» **Information**:
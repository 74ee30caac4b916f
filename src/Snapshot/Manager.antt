-- ===== src/Snapshot/Manager.antt =====
-- internal/snapshot/snapshot_manager.go: snapshots on disk. JSON is Go's: the content of a file is the
-- data that it decodes to, or it is corrupted.
pub mod Atomic
mod Tests
use raft_recovery.Prelude.{
  ℕ, ◌≡◌, Bool, true, false, Option, none, some, List, [], ◌∷◌, ◌==◌, if◌then◌else◌, not,
}
use raft_recovery.Types.{SnapshotData}

pub data Content : Type 0 where
  decodes : SnapshotData → Content
  corrupted : Content

-- The snapshot file and the temporary file beside it.
pub record Disk : Type 0 where
  pub file : Option Content
  pub temp : Option Content

-- The system calls of `Write` that can fail, in their order; `flush` writes the encoded data.
pub data Call : Type 0 where
  mkdir create encode flush sync rename : Call

pub data SnapshotError : Type 0 where
  write_failed : Call → SnapshotError
  backup_failed : SnapshotError
  read_failed corrupted_snapshot : SnapshotError
  incompatible_version : ℕ → SnapshotError

abbrev pub is_call : Call → Option Call → Bool
is_call mkdir (some mkdir) = true
is_call create (some create) = true
is_call encode (some encode) = true
is_call flush (some flush) = true
is_call sync (some sync) = true
is_call rename (some rename) = true
is_call _ _ = false

-- The states of the disk through which `Write` passes, up to the call that fails if one does, and its
-- result. A failure after the temporary file was made removes it.
pub record Writing : Type 0 where
  pub before : List Disk
  pub final : Disk
  pub error : Option SnapshotError

unfoldable pub write : Disk → Option Call → SnapshotData → Writing
write disk fails snapshot =
    let content : Content = decodes (record snapshot { schema_ver = 1 }) in
    let partial : Disk = record disk { temp = some corrupted } in
    let complete : Disk = record disk { temp = some content } in
    let removed : Disk = record disk { temp = none } in
    if is_call mkdir fails
    then record { before = disk ∷ []; final = disk; error = some (write_failed mkdir) }
    else if is_call create fails
    then record { before = disk ∷ []; final = disk; error = some (write_failed create) }
    else if is_call encode fails
    then record {
      before = disk ∷ partial ∷ [];
      final = removed;
      error = some (write_failed encode);
    }
    else if is_call flush fails
    then record { before = disk ∷ partial ∷ []; final = removed; error = some (write_failed flush) }
    else if is_call sync fails
    then record {
      before = disk ∷ partial ∷ complete ∷ [];
      final = removed;
      error = some (write_failed sync);
    }
    else if is_call rename fails
    then record {
      before = disk ∷ partial ∷ complete ∷ [];
      final = removed;
      error = some (write_failed rename);
    }
    else record {
      before = disk ∷ partial ∷ complete ∷ [];
      final = record { file = some content; temp = none };
      error = none;
    }

pub data Loaded : Type 0 where
  loaded : SnapshotData → Loaded
  load_failed : SnapshotError → Loaded

abbrev pub empty_snapshot : SnapshotData
empty_snapshot = record { jobs = []; schema_ver = 1; last_seq = 0 }

-- `Load`. A missing file is the first start.
unfoldable pub load : Bool → Disk → Loaded
load readable disk = elim disk.file [
  | none ↦ loaded empty_snapshot
  | some content ↦ if not readable then load_failed read_failed else elim content [
    | corrupted ↦ load_failed corrupted_snapshot
    | decodes snapshot ↦
        if snapshot.schema_ver == 1
        then loaded snapshot
        else load_failed (incompatible_version snapshot.schema_ver)
  ]
]

unfoldable pub exists : Disk → Bool
exists disk = elim disk.file [ none ↦ false | some content ↦ true ]

-- What `WriteWithBackup` moved to the name of a backup, and the write that follows.
pub record Backup : Type 0 where
  pub moved : Option Content
  pub writing : Writing

-- `WriteWithBackup`. The name of the backup, with the time in it, is new.
unfoldable pub write_with_backup : Disk → Bool → Option Call → SnapshotData → Backup
unfolding write exists
write_with_backup disk rename_ok fails snapshot =
    let gone : Disk = record disk { file = none } in
    let written = write gone fails snapshot in
    if not (exists disk)
    then record { moved = none; writing = write disk fails snapshot }
    else if not rename_ok
    then record {
      moved = none;
      writing = record { before = disk ∷ []; final = disk; error = some backup_failed };
    }
    else record { moved = disk.file; writing = record written { before = disk ∷ written.before } }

» **The problem**:
The records are given above. Copy each line in them that holds "gone".

» **Exercise output**:
    let gone : Disk = record disk { file = none } in
    let written = write gone fails snapshot in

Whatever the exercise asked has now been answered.